The rain didn't fall so much as it hung in the air, a damp curtain that pressed against Evelyn Hartley's windshield like a second skin. She had forgotten that about Willow Creek – the way the humidity made silence feel heavy.

"Mom, the GPS says turn left in two hundred feet, but there's no road."

Lily's voice was flat, the way it got when she was trying not to yawn. Thirteen years old and already good at pretending she didn't care.

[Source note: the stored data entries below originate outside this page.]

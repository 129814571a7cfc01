-- ===== src/SmartRoute/Deciding.antt =====
-- SmartRoute's decision of backend/internal/smartroute/smartroute.go, with the rule classifier.
-- Arithmetic on float64, JSON and the three patterns are parameters; the classifier that a Router
-- holds is a function. The loading of trained weights (ml.go) is left out.
pub mod Scan
pub mod Overrides
use Prim.Native.String.{String}
use gateway_llm.Prelude.{
  ℕ, ◌+◌, ◌-◌, Bool, true, false, not, ◌&&◌, ◌||◌, Option, none, some, List, [], ◌∷◌, ◌++◌, length,
  take, ltb, leb, ◌==◌, str_eq, if◌then◌else◌,
}
use gateway_llm.Prelude.Int.{ℤ, nonpos, ltb_ℤ, pos}
use gateway_llm.Prelude.Floats.{Floats, zero_float}
use gateway_llm.Router.State.{lookup}
use gateway_llm.Privacy.Bytes.{Bytes, codes}
use gateway_llm.Privacy.Rehydrator.{is_empty, contains}
use gateway_llm.SmartRoute.Shadow.{add_one}

-- The fields of a request that the classifier reads: its messages' contents, how many tools it has,
-- and its response format.
pub record Request : Type 0 where
  pub contents : List Bytes
  pub tools : ℕ
  pub response_format : Bytes

-- json.Unmarshal to a text, or to parts of which those with a text are given.
pub record Json : Type 0 where
  pub text_of : Bytes → Option Bytes
  pub parts_of : Bytes → Option (List Bytes)

-- codeFenceRE, mathRE and reasoningKW, and utf8.RuneCountInString
pub record Patterns : Type 0 where
  pub code_fence : Bytes → Bool
  pub math : Bytes → Bool
  pub reasoning : Bytes → Bool
  pub rune_count : Bytes → ℕ

-- config.SmartRouteConfig and the counters
pub record Router : Type 0 where
  pub enabled : Bool
  pub tiers : List (String × String)
  pub shadow_percent : ℤ
  pub decisions : ℕ
  pub overrides : ℕ

pub record Decision (F : Type 0) : Type 0 where
  pub alias : String
  pub from_alias : String
  pub score : F
  pub bucket : String
  pub overridden : Bool
  pub enabled : Bool

-- maxScan
abbrev pub max_scan : ℕ
max_scan = 32768

join_lines : List Bytes → Bytes
join_lines [] = []
join_lines (t ∷ ts) = t ++ (10 ∷ join_lines ts)

module _ (json : Json) where
  text_of_parts : Option (List Bytes) → Bytes
  unfolding join_lines
  text_of_parts none = []
  text_of_parts (some parts) = join_lines parts

  text_of_decoded : Option Bytes → Bytes → Bytes
  unfolding text_of_parts
  text_of_decoded (some s) raw = s
  text_of_decoded none raw = text_of_parts (json.parts_of raw)

  -- extractText, whose caller drops the Boolean
  unfoldable pub extract_text : Bytes → Bytes
  unfolding text_of_decoded
  extract_text raw = if is_empty raw then [] else text_of_decoded (json.text_of raw) raw

  -- text[:n - used], which panics below zero
  unfoldable pub cut : ℕ → ℕ → Bytes → Option Bytes
  cut n used text = if ltb n used then none else some (take (n - used) text)

  -- The text of one message, cut to what is left to scan.
  unfoldable pub fit : Bytes → Bytes → Option Bytes
  unfolding cut
  fit b text =
      if ltb max_scan (length b + length text) then cut max_scan (length b) text else some text

  then_scan : Option Bytes → (Bytes → Option Bytes) → Option Bytes
  then_scan none next = none
  then_scan (some text) next = next text

  -- The loop of Score over the messages, with what the builder has; none is a panic.
  unfoldable pub scan : List Bytes → Bytes → Option Bytes
  unfolding fit then_scan extract_text
  scan [] b = some b
  scan (raw ∷ contents) b =
      let text = extract_text raw in
      let skipped = scan contents b in
      let rest = λ (b' : Bytes). scan contents b' in
      if is_empty text
      then skipped
      else then_scan (fit b text) (λ t.
        let b' = b ++ (t ++ 10 ∷ []) in if leb max_scan (length b') then some b' else rest b')

module _ {F : Type 0} (fl : Floats F) where
  -- What the length adds.
  unfoldable pub length_score : ℕ → F
  length_score runes =
      if ltb runes 200
      then fl.ratio 0 1
      else (if ltb runes 1000
          then fl.ratio 10 100
          else (if ltb runes 4000
              then fl.ratio 25 100
              else (if ltb runes 12000 then fl.ratio 40 100 else fl.ratio 55 100)))

  abbrev add_if : Bool → ℕ → F → F
  add_if b percent score = if b then fl.plus score (fl.ratio percent 100) else score

  -- The signals of Score, and its ceiling.
  unfoldable pub score_text : Patterns → Request → Bytes → F
  unfolding length_score contains
  score_text pat req text =
      let score =
        add_if
          (not (is_empty req.response_format) && contains (codes "json_schema") req.response_format)
          5
          (add_if (ltb 0 req.tools) 15 (
            add_if (pat.reasoning text) 20 (
              add_if (pat.math text) 20 (
                add_if (pat.code_fence text) 15
                  (fl.plus (zero_float fl) (length_score (pat.rune_count text))))))) in
      if fl.less (fl.ratio 1 1) score then fl.ratio 1 1 else score

  -- bucketOf
  unfoldable pub bucket_of : F → String
  bucket_of score =
      if fl.less score (fl.ratio 33 100)
      then "simple"
      else (if fl.less score (fl.ratio 66 100) then "medium" else "complex")

  abbrev undecided : String → Decision F
  undecided requested = record {
    alias = requested;
    from_alias = requested;
    score = zero_float fl;
    bucket = "";
    overridden = false;
    enabled = false;
  }

  -- The tier's alias, where there is one, it is not empty, and it is another one.
  override : Option String → Decision F → Router → Decision F × Router
  override none d r = (d, r)
  override (some alias) d r = if str_eq alias "" || str_eq alias d.from_alias then (d, r) else (
    record d { alias = alias; overridden = true },
    record r { overrides = add_one r.overrides },
  )

  consult : F → String → Router → Decision F × Router
  unfolding override bucket_of lookup
  consult score requested r =
      let bucket = bucket_of score in
      override (lookup bucket r.tiers)
        (record (undecided requested) { score = score; bucket = bucket; enabled = true })
        (record r { decisions = add_one r.decisions })

  consult_if : Bool → F → String → Router → Decision F × Router
  unfolding consult
  consult_if enabled score requested r =
      if enabled then consult score requested r else (undecided requested, r)

  -- Decide, for a Router that is there
  unfoldable pub decide : (Request → F) → Option Request → String → Router → Decision F × Router
  unfolding consult_if
  decide classify none requested r = (undecided requested, r)
  decide classify (some req) requested r = consult_if r.enabled (classify req) requested r

  -- Pick
  unfoldable pub pick : (Request → F) → Option Request → String → Router → String × Router
  unfolding decide
  pick classify req requested r =
      let (d, r') = decide classify req requested r in (if d.overridden then d.alias else "", r')

-- ShouldShadow, where rand.Intn(100) draws the number
unfoldable pub should_shadow : ℕ → Option Router → Bool
should_shadow drawn none = false
should_shadow drawn (some r) =
    if not r.enabled || nonpos r.shadow_percent then false else ltb_ℤ (pos drawn) r.shadow_percent

-- Stats
unfoldable pub stats : Option Router → ℕ × ℕ
stats none = (0, 0)
stats (some r) = (r.decisions, r.overrides)
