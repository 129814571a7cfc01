-- ===== src/SmartRoute/Deciding/Overrides.antt =====
-- What a decision says (backend/internal/smartroute/smartroute.go).
use gateway_llm.Prelude.{
  ◌≡◌, ◌≢◌, ◌⊎◌, inl, inr, refl, subst, String, Bool, true, false, ◌||◌, Option, none, some, str_eq,
  eq_iff, if◌then◌else◌, Bool-cases, arith,
}
use gateway_llm.Prelude.Floats.{Floats, zero_float}
use gateway_llm.Router.State.{lookup}
use gateway_llm.SmartRoute.Shadow.{add_one}
use gateway_llm.SmartRoute.Deciding.{
  Request, Router, Decision, decide, pick, consult, consult_if, undecided, override, bucket_of,
}

-- SmartRoute is consulted: it is enabled, and there is a request.
abbrev pub is_consulted : Option Request → Router → Bool
is_consulted none r = false
is_consulted (some q) r = r.enabled

module _ {F : Type 0} (fl : Floats F) where
  -- The bucket of a score, by the thresholds of 33 and 66 hundredths.
  abbrev pub IsBucket : F → String → Type 0
  IsBucket score bucket =
      ((bucket ≡ "simple") × (fl.less score (fl.ratio 33 100) ≡ true))
      ⊎ ((bucket ≡ "medium")
          × (fl.less score (fl.ratio 33 100) ≡ false)
          × (fl.less score (fl.ratio 66 100) ≡ true))
      ⊎ ((bucket ≡ "complex")
          × (fl.less score (fl.ratio 33 100) ≡ false)
          × (fl.less score (fl.ratio 66 100) ≡ false))

  -- Not consulted, there is neither score nor bucket; else the score is the classifier's.
  abbrev pub Judged : (Request → F) → Option Request → Decision F → Type 0
  Judged classify req d =
      ((d.enabled ≡ false) × (d.score ≡ zero_float fl) × (d.bucket ≡ ""))
      ⊎ ((d.enabled ≡ true)
          × ((q : Request) × (req ≡ some q) × (d.score ≡ classify q))
          × IsBucket d.score d.bucket)

  -- The alias that was asked for is kept: there is no tier to take, or one that is empty or the same.
  abbrev pub Kept : String → Router → Router → Decision F → String → Type 0
  Kept requested r r' d picked =
      (d.overridden ≡ false)
      × (d.alias ≡ requested)
      × (r'.overrides ≡ r.overrides)
      × (picked ≡ "")
      × ((alias : String)
          → d.enabled ≡ true
          → lookup d.bucket r.tiers ≡ some alias
          → (alias ≡ "") ⊎ (alias ≡ requested))

  -- The tier's alias is taken.
  abbrev pub Overrides : String → Router → Router → Decision F → String → Type 0
  Overrides requested r r' d picked =
      (d.overridden ≡ true)
      × (d.enabled ≡ true)
      × (lookup d.bucket r.tiers ≡ some d.alias)
      × (d.alias ≢ "")
      × (d.alias ≢ requested)
      × (r'.overrides ≡ add_one r.overrides)
      × (picked ≡ d.alias)

  -- A decision for the request and the alias, the router before and after, and the answer of Pick.
  pub record Decides (classify : Request → F) (req : Option Request) (consulted : Bool)
      (requested : String) (r r' : Router) (d : Decision F) (picked : String) : Type 0 where
    pub asked : d.from_alias ≡ requested
    pub enabled_if : d.enabled ≡ consulted
    pub counted : r'.decisions ≡ (if consulted then add_one r.decisions else r.decisions)
    pub same_config : r' ≡ record r { decisions = r'.decisions; overrides = r'.overrides }
    pub judged : Judged classify req d
    pub outcome : Kept requested r r' d picked ⊎ Overrides requested r r' d picked

  abbrev picked_of : Decision F → String
  picked_of d = if d.overridden then d.alias else ""

  bucket_of-IsBucket : (score : F) → IsBucket score (bucket_of fl score)
  unfolding bucket_of
  bucket_of-IsBucket score = elim (Bool-cases (fl.less score (fl.ratio 33 100))) [
    | inl low ↦ rw low (inl (refl, refl))
    | inr high ↦ elim (Bool-cases (fl.less score (fl.ratio 66 100))) [
      | inl middle ↦ rw (high, middle) (inr (inl (refl, refl, refl)))
      | inr top ↦ rw (high, top) (inr (inr (refl, refl, refl)))
    ]
  ]

  unusable :
      (alias requested : String)
      → (str_eq alias "" || str_eq alias requested) ≡ true
      → (alias ≡ "") ⊎ (alias ≡ requested)
  unusable alias requested h = elim (Bool-cases (str_eq alias "")) [
    | inl empty ↦ inl ((eq_iff alias "").0 empty)
    | inr there ↦ inr ((eq_iff alias requested).0 (rw there at h))
  ]

  Decides-override :
      (classify : Request → F) (q : Request) (tier : Option String) (bucket requested : String)
      (r : Router)
      → IsBucket (classify q) bucket
      → lookup bucket r.tiers ≡ tier
      → (let d : Decision F = record {
        alias = requested;
        from_alias = requested;
        score = classify q;
        bucket = bucket;
        overridden = false;
        enabled = true;
      } in
          let result = override fl tier d (record r { decisions = add_one r.decisions }) in
          Decides classify (some q) true requested r result.1 result.0 (picked_of result.0))
  unfolding override
  Decides-override classify q none bucket requested r b e = record {
    asked = refl;
    enabled_if = refl;
    counted = refl;
    same_config = refl;
    judged = inr (refl, (q, refl, refl), b);
    outcome = inl (refl, refl, refl, refl, (λ alias h k. cc));
  }
  Decides-override classify q (some alias) bucket requested r b e =
      elim (Bool-cases (str_eq alias "" || str_eq alias requested)) [
        | inl same ↦ rw same (record {
          asked = refl;
          enabled_if = refl;
          counted = refl;
          same_config = refl;
          judged = inr (refl, (q, refl, refl), b);
          outcome = inl (
            refl,
            refl,
            refl,
            refl,
            (λ a h k.
                let named : alias ≡ a = cc in
                subst (λ x. (x ≡ "") ⊎ (x ≡ requested)) named (unusable alias requested same)),
          );
        })
        | inr other ↦ rw other (record {
          asked = refl;
          enabled_if = refl;
          counted = refl;
          same_config = refl;
          judged = inr (refl, (q, refl, refl), b);
          outcome = inr (
            refl,
            refl,
            e,
            (λ h. ground (arith, eq_iff alias "")),
            (λ h. ground (arith, eq_iff alias requested)),
            refl,
            refl,
          );
        })
      ]

  Decides-undecided :
      (classify : Request → F) (req : Option Request) (requested : String) (r : Router)
      → Decides classify req false requested r r (undecided fl requested) ""
  Decides-undecided classify req requested r = record {
    asked = refl;
    enabled_if = refl;
    counted = refl;
    same_config = refl;
    judged = inl (refl, refl, refl);
    outcome = inl (refl, refl, refl, refl, (λ alias h k. cc));
  }

  Decides-consult_if :
      (enabled : Bool) (classify : Request → F) (q : Request) (requested : String) (r : Router)
      → (let result = consult_if fl enabled (classify q) requested r in
          Decides classify (some q) enabled requested r result.1 result.0 (picked_of result.0))
  unfolding consult_if consult
  Decides-consult_if true classify q requested r =
      let bucket = bucket_of fl (classify q) in
      Decides-override classify q (lookup bucket r.tiers) bucket requested r
        (bucket_of-IsBucket (classify q)) refl
  Decides-consult_if false classify q requested r = Decides-undecided classify (some q) requested r

  -- Decide says that it is enabled, and counts a decision, exactly if SmartRoute is enabled and there
  -- is a request; then its score is the classifier's and its bucket that of the score, simple below
  -- 33 hundredths, else medium below 66, else complex. It names the alias that was asked for. It
  -- takes another alias, and counts one override, exactly if the tiers have for the bucket one that
  -- is neither empty nor the one that was asked for, and else leaves the alias and this count; of
  -- the router it changes these two counts alone. Pick gives the new alias exactly where there is an
  -- override, and else the empty alias.
  pub decide-Decides :
      (classify : Request → F) (req : Option Request) (requested : String) (r : Router)
      → Decides classify req
          (is_consulted req r)
          requested
          r
          (decide fl classify req requested r).1
          (decide fl classify req requested r).0
          (pick fl classify req requested r).0
  unfolding decide pick
  decide-Decides classify none requested r = Decides-undecided classify none requested r
  decide-Decides classify (some q) requested r = Decides-consult_if r.enabled classify q requested r
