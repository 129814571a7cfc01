-- ===== src/SmartRoute/Deciding/Scan.antt =====
-- How much text the classifier reads (backend/internal/smartroute/smartroute.go).
use gateway_llm.Prelude.{
  ℕ, ◌+◌, ◌-◌, ◌≡◌, ◌≤◌, ◌<◌, refl, false, some, List, [], ◌∷◌, ◌++◌, length, length-append, take,
  ltb, leb, Bool-cases, inl, inr, arith, zero, suc,
}
use gateway_llm.Privacy.Bytes.{Bytes}
use gateway_llm.Privacy.Rehydrator.{is_empty}
use gateway_llm.SmartRoute.Deciding.{Json, scan, fit, cut, then_scan, extract_text, max_scan}

length-take : (n : ℕ) (xs : Bytes) → length (take n xs) ≤ n
length-take zero xs = omega arith
length-take (suc n) [] = omega arith
length-take (suc n) (x ∷ xs) = omega (arith, length-take n xs)

module _ (json : Json) where
  -- With room left, the text is cut to a part that fits.
  fit_lem :
      (b text : Bytes)
      → length b < max_scan
      → (t : Bytes) × (fit json b text ≡ some t) × (length b + length t ≤ max_scan)
  unfolding fit cut
  fit_lem b text h = elim (Bool-cases (ltb max_scan (length b + length text))) [
    | inl long ↦
        let room : ltb max_scan (length b) ≡ false = ground arith in
        (
          take (max_scan - length b) text,
          rw (long, room) refl,
          omega (arith, length-take (max_scan - length b) text),
        )
    | inr short ↦ (text, rw short refl, ground arith)
  ]

  scan_from :
      (contents : List Bytes) (b : Bytes)
      → length b < max_scan
      → (text : Bytes) × (scan json contents b ≡ some text) × (length text ≤ max_scan + 1)
  unfolding scan then_scan
  scan_from [] b h = (b, refl, omega arith)
  scan_from (raw ∷ contents) b h = elim (Bool-cases (is_empty (extract_text json raw))) [
    | inl nothing ↦ let (text, e, le) = scan_from contents b h in (text, (rw nothing e), le)
    | inr there ↦
        let (t, fits, le) = fit_lem b (extract_text json raw) h in
        let b' = b ++ (t ++ 10 ∷ []) in
        let len : length b' ≡ length b + length t + 1 =
          omega (arith, length-append b (t ++ 10 ∷ []), length-append t (10 ∷ [])) in
        elim (Bool-cases (leb max_scan (length b'))) [
          | inl full ↦ (b', (rw (there, fits, full) refl), omega (arith, len))
          | inr room ↦
              let (text, e, bound) = scan_from contents b' (ground arith) in
              (text, (rw (there, fits, room) e), bound)
        ]
  ]

  -- Whatever the messages are, the loop of Score over them takes no slice with a bound below zero,
  -- and the text that it collects has at most one byte more than maxScan.
  pub scan-bounded :
      (contents : List Bytes)
      → (text : Bytes) × (scan json contents [] ≡ some text) × (length text ≤ max_scan + 1)
  scan-bounded contents = scan_from contents [] (omega arith)
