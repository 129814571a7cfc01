-- ===== src/SmartRoute/Tests.antt =====
-- The theorems on smart routing at concrete inputs.
use gateway_llm.Prelude.{
  ℕ, ◌+◌, ◌-◌, ◌*◌, ◌/◌, ◌≡◌, ◌≤◌, refl, true, none, some, [], ◌∷◌, length, ltb, ◌==◌,
}
use gateway_llm.Prelude.Int.{pos, pos_part}
use gateway_llm.Prelude.Floats.{Floats}
use gateway_llm.Privacy.Bytes.{Bytes, codes}
use gateway_llm.SmartRoute.Shadow.{
  ShadowRunner, new_shadow_runner, start, admitted, over_limit, access, move, Reach, here, next,
  IsBounded, Reach-IsBounded,
}
use gateway_llm.SmartRoute.Deciding.{Request, Json, Router, max_scan, scan, decide, pick}
use gateway_llm.SmartRoute.Deciding.Scan.{scan-bounded}
use gateway_llm.SmartRoute.Deciding.Overrides.{Decides, decide-Decides}

-- Scores in hundredths.
abbrev percent : Floats ℕ
percent = record {
  ratio = λ n d. n * 100 / d;
  of_int = λ n. pos_part n * 100;
  plus = λ a b. a + b;
  minus = λ a b. a - b;
  times = λ a b. a * b / 100;
  quotient = λ a b. a * 100 / b;
  sqrt = λ a. a;
  less = λ a b. ltb a b;
  equal = λ a b. a == b;
}

abbrev router : Router
router = record {
  enabled = true;
  tiers = ("simple", "mini") ∷ ("complex", "large") ∷ [];
  shadow_percent = pos 5;
  decisions = 3;
  overrides = 1;
}

abbrev request : Request
request = record { contents = codes "hello" ∷ []; tools = 0; response_format = [] }

overrides_simple : (pick percent (λ req. 10) (some request) "large" router).0 ≡ "mini"
unfolding pick
overrides_simple = refl

decide-Decides_example :
    Decides percent
      (λ req. 10)
      (some request)
      true
      "large"
      router
      (decide percent (λ req. 10) (some request) "large" router).1
      (decide percent (λ req. 10) (some request) "large" router).0
      (pick percent (λ req. 10) (some request) "large" router).0
decide-Decides_example = decide-Decides percent (λ req. 10) (some request) "large" router

abbrev json : Json
json = record { text_of = λ b. some b; parts_of = λ b. none }

scans : scan json (codes "hello" ∷ [] ∷ codes "world" ∷ []) [] ≡ some (codes "hello\nworld\n")
unfolding scan
scans = refl

scan-bounded_example :
    (text : Bytes) × (scan json (codes "hello" ∷ codes "world" ∷ []) [] ≡ some text)
    × (length text ≤ max_scan + 1)
scan-bounded_example = scan-bounded json (codes "hello" ∷ codes "world" ∷ [])

abbrev one : ShadowRunner
one = new_shadow_runner (pos 1)

abbrev after_first : ShadowRunner
after_first = record one { inflight = 1 }

abbrev after_both : ShadowRunner
after_both = record one { inflight = 2 }

-- Two goroutines add themselves, and the second is over the limit.
two_come : Reach (start ∷ start ∷ [], one) (admitted ∷ over_limit ∷ [], after_both)
unfolding new_shadow_runner access
two_come =
    next (next here (move [] (start ∷ []) start one)) (move (admitted ∷ []) [] start after_first)

Reach-IsBounded_example : IsBounded one.max_concurrent (admitted ∷ over_limit ∷ []) after_both
Reach-IsBounded_example = Reach-IsBounded (pos 1) (start ∷ start ∷ []) (refl, (refl, tt)) two_come
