-- ===== src/Files.antt =====
-- src/etdc_fd.h and src/etdc_fd.cc: etdc_file and detail::open_file, and the objects of devzeronull
-- that file pointers may point to. The calls of the operating system are the fields of `Os`.
use etransfer.Common.{
  ℕ, suc, zero, Bool, true, false, List, [], ◌∷◌, ◌++◌, Option, none, some, Bytes, Result, ok, err,
  lseek_failed, open_failed, mkdir_failed, bad_device, length, ◌==◌, if◌then◌else◌, map_ok,
}
use etransfer.Common.Int.{ℤ}
use etransfer.Fd.{EtdcFd, Whence}
use etransfer.OpenMode.{OpenFlags}
use etransfer.Path.{slash, normalize_path, dirname}
use etransfer.DevZero.{
  DevZeroNull, mk_device, device_read, device_write, device_lseek, device_close,
}

-- mkdir(2) gives true if it made the directory or that was there; the others give `none` for -1.
-- `uninitialized n` is what stands in n bytes of memory that nobody has written.
pub record Os (W : Type 0) : Type 0 where
  pub mkdir : Bytes → W → W × Bool
  pub open_at : Bytes → OpenFlags → W → W × Option ℕ
  pub read : ℕ → ℕ → W → W × Option Bytes
  pub write : ℕ → Bytes → W → W × Option ℕ
  pub lseek : ℕ → ℤ → Whence → W → W × Option ℤ
  pub close : ℕ → W → W
  pub uninitialized : ℕ → W → Bytes

-- The world of the operating system, and the devzeronull objects in the order they were made.
pub record Store (W : Type 0) : Type 0 where
  pub world : W
  pub devices : List DevZeroNull

pub get_device : List DevZeroNull → ℕ → Option DevZeroNull
get_device [] i = none
get_device (d ∷ ds) zero = some d
get_device (d ∷ ds) (suc i) = get_device ds i

pub set_device : List DevZeroNull → ℕ → DevZeroNull → List DevZeroNull
set_device [] i d = []
set_device (x ∷ ds) zero d = d ∷ ds
set_device (x ∷ ds) (suc i) d = x ∷ set_device ds i d

module _ {W : Type 0} (os : Os W) where
  -- etdc_file::setup_basic_fns; lseek throws where lseek(2) gives -1.
  unfoldable pub file_fd : ℕ → EtdcFd (Store W)
  file_fd fd = record {
    read = λ n s. let (w, r) = os.read fd n s.world in (record s { world = w }, r);
    write = λ bs s. let (w, r) = os.write fd bs s.world in (record s { world = w }, r);
    lseek = λ offset whence s.
        let (w, r) = os.lseek fd offset whence s.world in
        elim r [
          | none ↦ (record s { world = w }, err lseek_failed)
          | some p ↦ (record s { world = w }, ok p)
        ];
    close = λ s. record s { world = os.close fd s.world };
  }

  -- devzeronull::setup_basic_fns for the i-th object. What a read leaves in the buffer is what was
  -- there before.
  unfoldable pub device_fd : ℕ → EtdcFd (Store W)
  unfolding get_device set_device
  device_fd i = record {
    read = λ n s. elim (get_device s.devices i) [
      | none ↦ (s, none)
      | some d ↦
          let (d', r) = device_read n d in
          let s' : Store W = record s { devices = set_device s.devices i d' } in
          elim r [ none ↦ (s', none) | some k ↦ (s', some (os.uninitialized k s.world)) ]
    ];
    write = λ bs s. elim (get_device s.devices i) [
      | none ↦ (s, none)
      | some d ↦
          let (d', r) = device_write (length bs) d in
          (record s { devices = set_device s.devices i d' }, r)
    ];
    lseek = λ offset whence s. elim (get_device s.devices i) [
      | none ↦ (s, err bad_device)
      | some d ↦
          let (d', p) = device_lseek offset whence d in
          (record s { devices = set_device s.devices i d' }, ok p)
    ];
    close = λ s. elim (get_device s.devices i) [
      | none ↦ s
      | some d ↦ record s { devices = set_device s.devices i (device_close d) }
    ];
  }

  -- The directories above the file: one mkdir for each slash in `rest`, which stands behind `front`.
  unfoldable pub make_dirs : Bytes → Bytes → W → W × Result (Unit {0})
  make_dirs front [] w = (w, ok tt)
  make_dirs front (c ∷ rest) w = elim (c == slash) [
    | false ↦ make_dirs (front ++ c ∷ []) rest w
    | true ↦
        let (w', made) = os.mkdir front w in
        elim made [ false ↦ (w', err mkdir_failed) | true ↦ make_dirs (front ++ c ∷ []) rest w' ]
  ]

  -- `dir.find('/', 1)` passes over the first byte.
  unfoldable pub make_dirs_of : Bytes → W → W × Result (Unit {0})
  unfolding make_dirs
  make_dirs_of [] w = (w, ok tt)
  make_dirs_of (c ∷ rest) w = make_dirs (c ∷ []) rest w

  -- The descriptor; the constructor of etdc_file throws where open(2) gives -1.
  unfoldable pub open_file : Bytes → OpenFlags → W → W × Result ℕ
  unfolding make_dirs_of normalize_path dirname
  open_file path flags w =
      let npath = normalize_path path in
      let (w', r) : W × Result (Unit {0}) =
        if flags.creat then make_dirs_of (dirname npath) w else (w, ok tt) in
      elim r [
        | err e ↦ (w', err e)
        | ok _ ↦
            let (w'', fd) = os.open_at npath flags w' in
            elim fd [ none ↦ (w'', err open_failed) | some n ↦ (w'', ok n) ]
      ]

  -- mk_fd<etdc_file>(path, omode)
  unfoldable pub mk_file : Bytes → OpenFlags → Store W → Store W × Result (EtdcFd (Store W))
  unfolding open_file file_fd
  mk_file path flags s =
      let (w, r) = open_file path flags s.world in (record s { world = w }, map_ok file_fd r)

  -- mk_fd<devzeronull>(path, omode). Of the flags only the access bits are read.
  unfoldable pub mk_device_fd : Bytes → OpenFlags → Store W → Store W × Result (EtdcFd (Store W))
  unfolding mk_device device_fd
  mk_device_fd path flags s = elim (mk_device path flags.access) [
    | none ↦ (s, err bad_device)
    | some d ↦ (record s { devices = s.devices ++ d ∷ [] }, ok (device_fd (length s.devices)))
  ]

Eve squinted through the streaked glass. The road, if you could call it that, was a gravel scar cutting through a tunnel of weeping willows. Their branches drooped so low they brushed the roof of the Subaru like skeletal fingers.

"This is it," Eve said. "Old Mill Road."

"It looks like a murder path."

"Lily."

"What? I read true crime. Jonah Black says the best place to hide a body is somewhere people already think is creepy."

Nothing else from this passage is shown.